| PROBLEM TO WORK ON |
Count the lines holding the string "marshal" in the records, and give only the count.

++++++++++++++++++++

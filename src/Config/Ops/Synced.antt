-- ===== src/Config/Ops/Synced.antt =====
-- What the operations report and what they did: `saveConfigLocked` of backend-go/internal/config/config_loader.go and its callers
-- in backend-go/internal/config.
use ccx.Base.{
  ℕ, ◌≡◌, refl, Bool, true, false, Option, none, some, ◌⊎◌, inl, inr, if◌then◌else◌, get_elem?,
  Bool-cases, Option-cases,
}
use ccx.Base.Results.{fail, ok}
use ccx.Config.Types.{ChannelKind, UpstreamConfig, channels_of}
use ccx.Config.Manager.{
  ConfigManager, ConfigError, not_saved, invalid_index, duplicate_index, empty_order, name_exists,
  unsupported_service_type, invalid_status, key_exists, no_such_key, no_channel, no_keys,
  no_available_key, Host, Change, refuse, leave, store, saving, apply_change, change_channel,
  clear_deprecated, put_channel, forget_keys, api_type,
}
use ccx.Config.Ops.{reported}

-- The file holds the configuration in memory.
abbrev pub IsSynced : Host → ConfigManager → Type 0
IsSynced host m = m.file ≡ some (host.marshal (clear_deprecated m.config))

-- The file is as before the call, and so is the JSON of the configuration.
abbrev pub IsAsBefore : Host → ConfigManager → ConfigManager → Type 0
IsAsBefore host m m' =
    (m'.file ≡ m.file)
    × (host.marshal (clear_deprecated m'.config) ≡ host.marshal (clear_deprecated m.config))

abbrev pub is_write_error : ConfigError → Bool
is_write_error not_saved = true
is_write_error invalid_index = false
is_write_error duplicate_index = false
is_write_error empty_order = false
is_write_error name_exists = false
is_write_error unsupported_service_type = false
is_write_error invalid_status = false
is_write_error key_exists = false
is_write_error no_such_key = false
is_write_error no_channel = false
is_write_error no_keys = false
is_write_error no_available_key = false

-- What a report says of the manager before and after.
abbrev pub IsHonest : Host → ConfigManager → ConfigManager × Option ConfigError → Type 0
IsHonest host m (m', none) = IsSynced host m' ⊎ IsAsBefore host m m'
IsHonest host m (m', some e) = if is_write_error e then m'.file ≡ none else m' ≡ m

written :
    {A : Type 0} (host : Host) (a : A) (m : ConfigManager)
    → host.is_written ≡ true
    → saving host a m ≡ (
      record m {
        config = clear_deprecated m.config;
        file = some (host.marshal (clear_deprecated m.config));
      },
      ok a,
    )
unfolding saving
written host a m e = rw e refl

not_written :
    {A : Type 0} (host : Host) (a : A) (m : ConfigManager)
    → host.is_written ≡ false
    → saving host a m
      ≡ (record m { config = clear_deprecated m.config; file = none }, fail not_saved)
unfolding saving
not_written host a m e = rw e refl

pub saving-IsHonest :
    {A : Type 0} (host : Host) (a : A) (m m' : ConfigManager)
    → IsHonest host m (reported (saving host a m'))
saving-IsHonest host a m m' = elim (Bool-cases host.is_written) [
  | inl e ↦ rw (written host a m' e) (inl refl)
  | inr e ↦ rw (not_written host a m' e) refl
]

-- The errors of the changes are errors of the request.
abbrev pub IsRequestError : {A : Type 0} → Change A → Type 0
IsRequestError (refuse e) = is_write_error e ≡ false
IsRequestError (leave a) = Unit
IsRequestError (store u keys a) = Unit

abbrev pub unchanged-IsHonest : (host : Host) (m : ConfigManager) → IsHonest host m (m, none)
unchanged-IsHonest host m = inr (refl, refl)

apply_change-IsHonest :
    {A : Type 0} (host : Host) (kind : ChannelKind) (i : ℕ) (m : ConfigManager) (c : Change A)
    → IsRequestError c
    → IsHonest host m (reported (apply_change host kind i m c))
unfolding apply_change
apply_change-IsHonest host kind i m (refuse e) r = rw r refl
apply_change-IsHonest host kind i m (leave a) r = unchanged-IsHonest host m
apply_change-IsHonest host kind i m (store u keys a) r =
    saving-IsHonest host a m (forget_keys (api_type kind) keys (put_channel kind i u m))

out_of_range :
    {A : Type 0} (host : Host) (kind : ChannelKind) (i : ℕ) (f : UpstreamConfig → Change A)
    (m : ConfigManager)
    → get_elem? (channels_of m.config kind) i ≡ none
    → change_channel host kind i f m ≡ (m, fail invalid_index)
unfolding change_channel
out_of_range host kind i f m e = rw (change_channel, e) refl

in_range :
    {A : Type 0} (host : Host) (kind : ChannelKind) (i : ℕ) (f : UpstreamConfig → Change A)
    (m : ConfigManager) (u : UpstreamConfig)
    → get_elem? (channels_of m.config kind) i ≡ some u
    → change_channel host kind i f m ≡ apply_change host kind i m (f u)
unfolding change_channel
in_range host kind i f m u e = rw (change_channel, e) refl

pub change_channel-IsHonest :
    {A : Type 0} (host : Host) (kind : ChannelKind) (i : ℕ) (f : UpstreamConfig → Change A)
    (m : ConfigManager)
    → ((u : UpstreamConfig) → IsRequestError (f u))
    → IsHonest host m (reported (change_channel host kind i f m))
change_channel-IsHonest host kind i f m r =
    elim (Option-cases (get_elem? (channels_of m.config kind) i)) [
      | inl e ↦ rw (out_of_range host kind i f m e) refl
      | inr (u, e) ↦
          rw (in_range host kind i f m u e) (apply_change-IsHonest host kind i m (f u) (r u))
    ]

++++++++++++++++++++

| WORKED SOLUTION |
3